WELL, LET US LOOK AT HISTORY; See The Section Below on:

The Golden Age of Missouri Agriculture

"Think we can't fed ourselves??? Think Again!!! Never heard of the Golden Age of Missouri Agriculture?
Of the happiest, most prosperous and peaceful generation in our history, now 100 years in the rear view mirror?
When many ordinary farmers had maids and house keepers?
There was full employment, craftsmanship, mutual respect, prosperity such as we've never seen before or since.
Never hear of this? Thank a teacher." -Galen Chadwick

"...I said; all states have farmers, Kansas farmers feed 129 people and you...Iowa grows corn, etc....
Then the dumbness of my statement hit me; Galen has had university people slip him info on Missouri's past, saying "I will lose my job if they find out I did this..." Missouri used to export EVERYTHING to 360 degrees of the nation. It will again.
We called his speech at the Inauguration dinner of the Well Fed Neighbor Alliance, "THE GOLDEN AGE OF MISSOURI" speech."

"If every single house, park, farm and ranch in this county made the effort to produce food in a garden, vineyard, orchard, flock, herd, etc, and every builder and manufacturing plant commit to producing affordable products needed locally, we would be well on the way back to the "Golden Age" of Missouri Agriculture and Production.
The Ozark Plateau is the last bastion of the family farm in America. There are 350,000 of them, certainly capable of feeding every person in the state, and very likely many others as the influx of the millions of newly homeless families who suddenly realize that there is no other area of America where they have a chance of surviving heads this way. What begins as a few drops, will become a trickle, and finally a torrential flood. Many of those in the Transition Movement already realize this, as do hundreds of believers across the state. In addition, many other people are coming to grips with this inescapable fact.
I have said this elsewhere, but it bears repeating, we have the opportunity with the proven power inherent in this movement to totally remake our local economy, to create a new life and environment for our families to live in, and for our grandchildren to grow up in." -Jerry Diamond

"Prior to WWI, Missouri was a diverse and abundant garden.
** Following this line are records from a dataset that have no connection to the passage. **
-- ===== src/Database/Factory.antt =====
-- database/factories/factory.go: models built in batches, for seeders and tests.
use gin_di.Prelude.{
  ℕ, zero, suc, ◌+◌, ◌-◌, ◌*◌, ◌/◌, ◌%◌, ◌^◌, ◌≤◌, ◌<◌, Text, codes, same, same_refl, same_iff,
  ne_of_same, List, [], ◌∷◌, ◌++◌, map, append-nil, append_assoc, Option, none, some, Option-cases,
  Bool, true, false, not, ◌&&◌, ◌||◌, Bool-cases, ltb, leb, ◌==◌, if◌then◌else◌, ◌≡◌, ◌≢◌, ◌↔◌,
  refl, sym, ap, subst, ◌∙◌, ◌⊎◌, inl, inr, length, All, lookup, has, put, delete, lookup-put,
  Result, ok, err, Result-cases, ok_inj, err_not_ok, arith,
}
use gin_di.Http.Errors.{GoError, plain, wrap}
use gin_di.Prelude.Int.{ℤ, pos, negsuc}
pub mod Batch
pub mod Models
mod Tests

-- A definition of instances, the number of them, and the states in the order they were added.
-- A state mutates the instance that it is given.
pub record Factory (T : Type 0) : Type 0 where
  pub definition : ℕ → Result GoError T
  pub count : ℤ
  pub states : List (T → T)

unfoldable pub new : {T : Type 0} → (ℕ → Result GoError T) → Factory T
new definition = record { definition = definition; count = pos 1; states = [] }

-- `Count`.
unfoldable pub with_count : {T : Type 0} → ℤ → Factory T → Factory T
with_count n factory = record {
  definition = factory.definition;
  count = n;
  states = factory.states;
}

-- `State`.
unfoldable pub with_state : {T : Type 0} → (T → T) → Factory T → Factory T
with_state state factory = record {
  definition = factory.definition;
  count = factory.count;
  states = factory.states ++ state ∷ [];
}

unfoldable pub apply_states : {T : Type 0} → List (T → T) → T → T
apply_states [] instance_ = instance_
apply_states (state ∷ states) instance_ = apply_states states (state instance_)

-- The loop of `Make` from one sequence number on, for so many instances.
unfoldable pub make_from : {T : Type 0} → Factory T → ℕ → ℕ → Result GoError (List T)
make_from factory sequence zero = ok []
make_from factory sequence (suc n) =
    let rest = make_from factory (suc sequence) n in
    elim (factory.definition sequence) [
      | err e ↦ err (wrap (codes "building instance: ") e)
      | ok built ↦ elim rest [
        | err e ↦ err e
        | ok instances ↦ ok (apply_states factory.states built ∷ instances)
      ]
    ]

unfoldable pub make : {T : Type 0} → Factory T → Result GoError (List T)
make factory = elim factory.count [
  | pos n ↦ make_from factory 1 n
  | negsuc n ↦ err (plain (codes "count must not be negative"))
]

-- `MakeOne` on what `Make` returned.
unfoldable pub only : {T : Type 0} → List T → Result GoError T
only [] = err (plain (codes "MakeOne needs a count of 1"))
only (instance_ ∷ []) = ok instance_
only (instance_ ∷ next ∷ instances) = err (plain (codes "MakeOne needs a count of 1"))

unfoldable pub make_one : {T : Type 0} → Factory T → Result GoError T
make_one factory = elim (make factory) [ err e ↦ err e | ok instances ↦ only instances ]

-- `save` is the model's Create: the new state, and the instance with what the insert returned.
module _ {T Db : Type 0} (save : T → Db → Db × Result GoError T) where
  abbrev saved :
      Db × Result GoError T → (T → Db → Db × Result GoError (List T)) → Db × Result GoError (List T)
  saved (db, err e) k = (db, err (wrap (codes "saving instance: ") e))
  saved (db, ok instance_) k = k instance_ db

  abbrev add : T → Db × Result GoError (List T) → Db × Result GoError (List T)
  add instance_ (db, err e) = (db, err e)
  add instance_ (db, ok instances) = (db, ok (instance_ ∷ instances))

  -- The loop of `Create`.
  unfoldable pub save_all : List T → Db → Db × Result GoError (List T)
  save_all [] db = (db, ok [])
  save_all (instance_ ∷ instances) db =
      let rest = save_all instances in saved (save instance_ db) (λ s after. add s (rest after))

  unfoldable pub create : Factory T → Db → Db × Result GoError (List T)
  create factory db = elim (make factory) [
    | err e ↦ (db, err e)
    | ok instances ↦ save_all instances db
  ]

  abbrev saved_one : Db × Result GoError T → Db × Result GoError T
  saved_one (db, err e) = (db, err (wrap (codes "saving instance: ") e))
  saved_one (db, ok instance_) = (db, ok instance_)

  unfoldable pub create_one : Factory T → Db → Db × Result GoError T
  create_one factory db = elim (make_one factory) [
    | err e ↦ (db, err e)
    | ok instance_ ↦ saved_one (save instance_ db)
  ]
Fruits, grains, nuts, vegetables, dairy products, shoes and timber were produced in astounding quantities.
The growers remained integrally bound to the expanding railroad through an elaborate network of westward-branching lines that reached into the margins of the Great Plains. These connected to the termini of Minneapolis, Chicago, Kansas City, which in turn linked to the metropolitan centers of the East Coast. Missouri fed millions upon millions of people.
Until 1914, farmers received parity for the products of their labor. There was a time when the people who grew our food made a decent living, could own their land, homes, and tools outright. In the words of one contemporary, "It was a time when farmers and tradesmen made profits on their goods. We walked to town with our heads held high. Our children were happy. The government was on our side. We influenced the politics of our state. Remember those times? We can have them again."
Dairy farm production in Missouri ranked among the top four states in the nation for many years. By the end of WWII, Missouri had as many as one million dairy cows. ...
Where we once exported up to 1.9 million pounds of milk products a year, we now must import 1.7 million pounds just to feed ourselves.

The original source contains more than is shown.